- **RECORD EXTRACTS**:
-- ===== src/Kernel/Loader.antt =====
-- kernel/bin: the loader of the container format. The fields of the packed header and of a section's
-- descriptor are read from the byte memory at their offsets. `image_flags`, `load_base` and `name_table_off`
-- are never read.
pub mod Fields
pub mod Hash
pub mod Validate
pub mod Pages
pub mod Round
pub mod Section
pub mod Load
pub mod Elf
use mira_os.Base.{
  ℕ, zero, suc, ◌+◌, ◌-◌, ◌*◌, ◌%◌, ◌^◌, Bool, true, false, ◌==◌, ◌&&◌, ◌||◌, not, ltb, leb,
  if◌then◌else◌, Option, none, some, bit_or, bit_xor,
}
use mira_os.Common.Memory.{Memory, memset, copy_up}
use mira_os.Kernel.Words.{add64, mul64, read_u16, read_u32, read_u64}
use mira_os.Kernel.Pmm.{pmm_alloc_page}
use mira_os.Arch.Paging.{Paging, paging_map_page, paging_virt_to_phys}

abbrev pub mira_bin_magic : ℕ
mira_bin_magic = 0x4D4_9584_5582

-- `sizeof(mira_bin_header_t)` and `sizeof(mira_sect_desc_t)`
abbrev pub header_bytes : ℕ
header_bytes = 64

abbrev pub sect_desc_bytes : ℕ
sect_desc_bytes = 40

pub record Header : Type 0 where
  pub magic : ℕ
  pub abi_version : ℕ
  pub kind : ℕ
  pub header_size : ℕ
  pub entry_point : ℕ
  pub sect_count : ℕ
  pub sect_table_off : ℕ
  pub checksum : ℕ

unfoldable pub read_header : Memory → ℕ → Header
read_header m a = record {
  magic = read_u64 m a;
  abi_version = read_u16 m (a + 8);
  kind = read_u16 m (a + 10);
  header_size = read_u32 m (a + 12);
  entry_point = read_u64 m (a + 20);
  sect_count = read_u32 m (a + 36);
  sect_table_off = read_u64 m (a + 40);
  checksum = read_u64 m (a + 56);
}

pub record SectDesc : Type 0 where
  pub sect_type : ℕ
  pub sect_flags : ℕ
  pub vaddr : ℕ
  pub memsz : ℕ
  pub filesz : ℕ
  pub file_off : ℕ

unfoldable pub read_sect : Memory → ℕ → SectDesc
read_sect m a = record {
  sect_type = read_u32 m a;
  sect_flags = read_u32 m (a + 4);
  vaddr = read_u64 m (a + 8);
  memsz = read_u64 m (a + 16);
  filesz = read_u64 m (a + 24);
  file_off = read_u64 m (a + 32);
}

-- One round of the checksum: `h ^= byte; h *= 1099511628211`.
unfoldable pub hash_byte : ℕ → ℕ → ℕ
hash_byte h byte = mul64 (bit_xor h byte) 1099511628211

-- The bytes from `a` on, with the rounds left.
unfoldable pub hash_bytes : ℕ → ℕ → Memory → ℕ → ℕ
hash_bytes zero a m h = h
hash_bytes (suc n) a m h = hash_bytes n (a + 1) m (hash_byte h (m a))

abbrev pub hash_start : ℕ
hash_start = 1469598103934665603

unfoldable pub mira_checksum64 : Memory → ℕ → ℕ → ℕ
mira_checksum64 m file size = hash_bytes size file m hash_start

-- The copy `tmp` of the header with `checksum` 0, as bytes from 0 on.
unfoldable pub zeroed_header : Memory → ℕ → Memory
zeroed_header m file i = if leb 56 i && ltb i 64 then 0 else m (file + i)

-- The checksum that both validators compute, of a file of at least 64 bytes.
unfoldable pub file_checksum : Memory → ℕ → ℕ → ℕ
file_checksum m file size =
    hash_bytes (size - header_bytes) (file + header_bytes) m
      (hash_bytes header_bytes 0 (zeroed_header m file) hash_start)

-- kernel/bin/mira_bin_validate.c
unfoldable pub mira_validate_header : Memory → ℕ → ℕ → ℕ → Bool
mira_validate_header m file size expected_type =
    let hdr = read_header m file in
    if file == 0
    then false
    else if ltb size header_bytes
    then false
    else if not (hdr.magic == mira_bin_magic)
    then false
    else if not (hdr.abi_version == 1)
    then false
    else if not (hdr.kind == expected_type)
    then false
    else if ltb hdr.header_size header_bytes
    then false
    else if ltb 65535 hdr.sect_count
    then false
    else if ltb hdr.sect_table_off header_bytes
    then false
    else if leb size hdr.sect_table_off
    then false
    else if ltb size (add64 hdr.sect_table_off (hdr.sect_count * sect_desc_bytes))
    then false
    else file_checksum m file size == hdr.checksum

-- The validator of kernel/bin/mira_exec.c, which also refuses a larger header.
unfoldable pub exec_validate_header : Memory → ℕ → ℕ → ℕ → Bool
exec_validate_header m hdr_at size expected_type =
    let hdr = read_header m hdr_at in
    if hdr_at == 0
    then false
    else if not (hdr.magic == mira_bin_magic)
    then false
    else if not (hdr.abi_version == 1)
    then false
    else if not (hdr.kind == expected_type)
    then false
    else if ltb hdr.header_size header_bytes
    then false
    else if ltb 65535 hdr.sect_count
    then false
    else if ltb hdr.sect_table_off header_bytes
    then false
    else if leb size hdr.sect_table_off
    then false
    else if ltb size (add64 hdr.sect_table_off (hdr.sect_count * sect_desc_bytes))
    then false
    else if ltb header_bytes hdr.header_size
    then false
    else if ltb size header_bytes
    then false
    else file_checksum m hdr_at size == hdr.checksum

unfoldable pub mira_bin_is_valid : Memory → ℕ → ℕ → ℕ → Bool
mira_bin_is_valid m file size expected_type =
    if file == 0
    then false
    else if ltb size header_bytes
    then false
    else exec_validate_header m file size expected_type

-- PAGE_PRESENT, and PAGE_WRITE but for read-only data
unfoldable pub mira_flags_to_paging : ℕ → ℕ
mira_flags_to_paging sect_type = if sect_type == 2 then 1 else bit_or 1 2

-- The version of kernel/bin/mira_exec.c: text is not writable either.
unfoldable pub exec_flags_to_paging : ℕ → ℕ → ℕ
exec_flags_to_paging sect_type sect_flags =
    if (sect_type == 3) || ((sect_type == 4) || (sect_type == 1))
    then if not (sect_type == 1) then bit_or 1 2 else 1
    else 1

-- The page tables and the memory, in which a physical page stands at its address.
pub record Machine : Type 0 where
  pub paging : Paging
  pub ram : Memory

-- The bytes of the file that go into the page `page` of a section, from offset `j` of it.
unfoldable pub fill_page : ℕ → SectDesc → ℕ → ℕ → Memory → Memory
fill_page file sd j page m =
    let cleared = memset page 0 4096 m in
    let copy_left = sd.filesz - j in
    let copy = if ltb copy_left 4096 then copy_left else 4096 in
    if ltb j sd.filesz
    then copy_up copy 0 page (add64 (add64 file sd.file_off) j) cleared
    else cleared

-- The byte at an address is the one in memory at that address: the page is mapped to itself.
unfoldable pub is_reached : Paging → ℕ → Bool
unfolding paging_virt_to_phys
is_reached s a = paging_virt_to_phys a s == a

-- The page and the bytes of the file that go into it, at most two pages of them, can be reached at their
-- addresses.
unfoldable pub can_fill : ℕ → SectDesc → ℕ → ℕ → Paging → Bool
unfolding is_reached
can_fill file sd j page s =
    let copy_left = sd.filesz - j in
    let copy = if ltb copy_left 4096 then copy_left else 4096 in
    let src = add64 (add64 file sd.file_off) j in
    is_reached s page
    && (if ltb j sd.filesz then is_reached s src && is_reached s (src + copy - 1) else true)

-- The loop over the pages of a section, on fuel, which also bounds the depth of `paging_map_page`; `none` is
-- a panic, as the page fault is at a page that is not mapped, a page that is mapped to another one, or a run
-- out of fuel.
unfoldable pub map_pages : ℕ → ℕ → ℕ → SectDesc → ℕ → ℕ → Machine → Option (Bool × Machine)
map_pages depth zero file sd flags j s = none
map_pages depth (suc f) file sd flags j s =
    let next : Paging = record (s.paging) { pmm = (pmm_alloc_page s.paging.pmm).1 } in
    let rest = map_pages depth f file sd flags (add64 j 4096) in
    if ltb j sd.memsz
    then elim ((pmm_alloc_page s.paging.pmm).0) [
      | none ↦ some (false, record s { paging = next })
      | some page ↦
          if not (can_fill file sd j page s.paging)
          then none
          else elim (paging_map_page depth (add64 sd.vaddr j) page (bit_or flags 2) next) [
            | none ↦ none
            | some r ↦ rest (record { paging = r.1; ram = fill_page file sd j page s.ram })
          ]
    ]
    else some (true, s)

-- The checks and the pages of one section, which both loaders share.
unfoldable pub map_section : ℕ → ℕ → ℕ → ℕ → SectDesc → ℕ → Machine → Option (Bool × Machine)
map_section depth f file size sd flags s =
    if ltb sd.memsz sd.filesz
    then some (false, s)
    else if ltb size (add64 sd.file_off sd.filesz)
    then some (false, s)
    else map_pages depth f file sd flags 0 s

-- kernel/bin/mira_bin_map.c; `sd` is the address of the descriptor.
unfoldable pub mira_map_section : ℕ → ℕ → ℕ → ℕ → ℕ → Machine → Option (Bool × Machine)
mira_map_section depth f file size sd s =
    if (file == 0) || (sd == 0)
    then some (false, s)
    else let desc = read_sect s.ram sd in
      map_section depth f file size desc (mira_flags_to_paging desc.sect_type) s
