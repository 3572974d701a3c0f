-- ===== src/Kernel/Loader/Elf.antt =====
-- kernel/elf.c: the loader of ELF files, which never reads the file's size.
use mira_os.Base.{
  ℕ, zero, suc, ◌+◌, ◌-◌, ◌&&◌, ◌*◌, Bool, true, false, ◌==◌, not, ltb, leb, if◌then◌else◌, Option,
  none, some, bit_or,
}
use mira_os.Common.Memory.{Memory, copy_up}
use mira_os.Kernel.Words.{add64, read_u16, read_u32, read_u64}
use mira_os.Kernel.Pmm.{pmm_alloc_page}
use mira_os.Arch.Paging.{Paging, paging_map_page}
use mira_os.Kernel.Loader.{is_reached, Machine}

-- elf_program_header_t
pub record ProgramHeader : Type 0 where
  pub kind : ℕ
  pub offset : ℕ
  pub vaddr : ℕ
  pub filesz : ℕ
  pub memsz : ℕ

unfoldable pub read_program_header : Memory → ℕ → ProgramHeader
read_program_header m a = record {
  kind = read_u32 m a;
  offset = read_u64 m (a + 8);
  vaddr = read_u64 m (a + 16);
  filesz = read_u64 m (a + 32);
  memsz = read_u64 m (a + 40);
}

-- The copy into the page at offset `j` of a segment: `copy_size` bytes, but none past `memsz`. The page is
-- not cleared first.
unfoldable pub elf_fill_page : ℕ → ProgramHeader → ℕ → ℕ → Memory → Memory
elf_fill_page file ph j page m =
    let copy_size =
      if leb (add64 j 4096) ph.filesz then 4096 else if ltb j ph.filesz then ph.filesz - j else 0 in
    let count = if ltb copy_size (ph.memsz - j) then copy_size else ph.memsz - j in
    if ltb j ph.filesz then copy_up count 0 page (add64 (add64 file ph.offset) j) m else m

-- The page and the bytes that go into it can be reached at their addresses.
unfoldable pub elf_can_fill : ℕ → ProgramHeader → ℕ → ℕ → Paging → Bool
unfolding is_reached
elf_can_fill file ph j page s =
    let copy_size =
      if leb (add64 j 4096) ph.filesz then 4096 else if ltb j ph.filesz then ph.filesz - j else 0 in
    let count = if ltb copy_size (ph.memsz - j) then copy_size else ph.memsz - j in
    let src = add64 (add64 file ph.offset) j in
    if ltb j ph.filesz
    then is_reached s page && (is_reached s src && is_reached s (src + count - 1))
    else true

-- The loop over the pages of a segment, on fuel; `none` is as for `map_pages`.
unfoldable pub elf_pages : ℕ → ℕ → ℕ → ProgramHeader → ℕ → Machine → Option (Bool × Machine)
elf_pages depth zero file ph j s = none
elf_pages depth (suc f) file ph j s =
    let next : Paging = record (s.paging) { pmm = (pmm_alloc_page s.paging.pmm).1 } in
    let rest = elf_pages depth f file ph (add64 j 4096) in
    if ltb j ph.memsz
    then elim ((pmm_alloc_page s.paging.pmm).0) [
      | none ↦ some (false, record s { paging = next })
      | some page ↦
          if not (elf_can_fill file ph j page s.paging)
          then none
          else elim (paging_map_page depth (add64 ph.vaddr j) page (bit_or 1 2) next) [
            | none ↦ none
            | some r ↦ rest (record { paging = r.1; ram = elf_fill_page file ph j page s.ram })
          ]
    ]
    else some (true, s)

-- The loop over the program headers, from header `i`, with the rounds left.
unfoldable pub elf_segments : ℕ → ℕ → ℕ → ℕ → ℕ → ℕ → ℕ → Machine → Option (Bool × Machine)
elf_segments depth f file phoff phentsize zero i s = some (true, s)
elf_segments depth f file phoff phentsize (suc n) i s =
    let ph = read_program_header s.ram (add64 (add64 file phoff) (i * phentsize)) in
    let rest = elf_segments depth f file phoff phentsize n (i + 1) in
    if not (ph.kind == 1) then rest s else elim (elf_pages depth f file ph 0 s) [
      | none ↦ none
      | some r ↦ elim (r.0) [ true ↦ rest (r.1) | false ↦ some (false, r.1) ]
    ]

-- The second part of the result is what is written through `entry_point`, if that is not NULL. The headers
-- are read once, before the loop: a segment that is loaded over the file is not modelled.
unfoldable pub elf_load : ℕ → ℕ → ℕ → ℕ → Machine → Option (Bool × Option ℕ × Machine)
elf_load depth f file entry_point s =
    let entry = if entry_point == 0 then none else some (read_u64 s.ram (file + 24)) in
    if not (read_u32 s.ram file == 0x464C_457F)
    then some (false, none, s)
    else if not (read_u16 s.ram (file + 18) == 0x3E)
    then some (false, none, s)
    else elim (elf_segments depth f file (read_u64 s.ram (file + 32)) (read_u16 s.ram (file + 54))
        (read_u16 s.ram (file + 56)) 0 s) [ none ↦ none | some r ↦ some (r.0, entry, r.1) ]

- **ACTION ITEM**: Only one stretch of the records above is wanted: the lines between the one holding "else elim (paging_map_page depth (add64 sd.vaddr" and the one holding "unfoldable pub mira_map_section", inclusive, reproduced exactly.

- **OUTPUT BELOW**:
          else elim (paging_map_page depth (add64 sd.vaddr j) page (bit_or flags 2) next) [
            | none ↦ none
            | some r ↦ rest (record { paging = r.1; ram = fill_page file sd j page s.ram })
          ]
    ]
    else some (true, s)

-- The checks and the pages of one section, which both loaders share.
unfoldable pub map_section : ℕ → ℕ → ℕ → ℕ → SectDesc → ℕ → Machine → Option (Bool × Machine)
map_section depth f file size sd flags s =
    if ltb sd.memsz sd.filesz
    then some (false, s)
    else if ltb size (add64 sd.file_off sd.filesz)
    then some (false, s)
    else map_pages depth f file sd flags 0 s

-- kernel/bin/mira_bin_map.c; `sd` is the address of the descriptor.
unfoldable pub mira_map_section : ℕ → ℕ → ℕ → ℕ → ℕ → Machine → Option (Bool × Machine)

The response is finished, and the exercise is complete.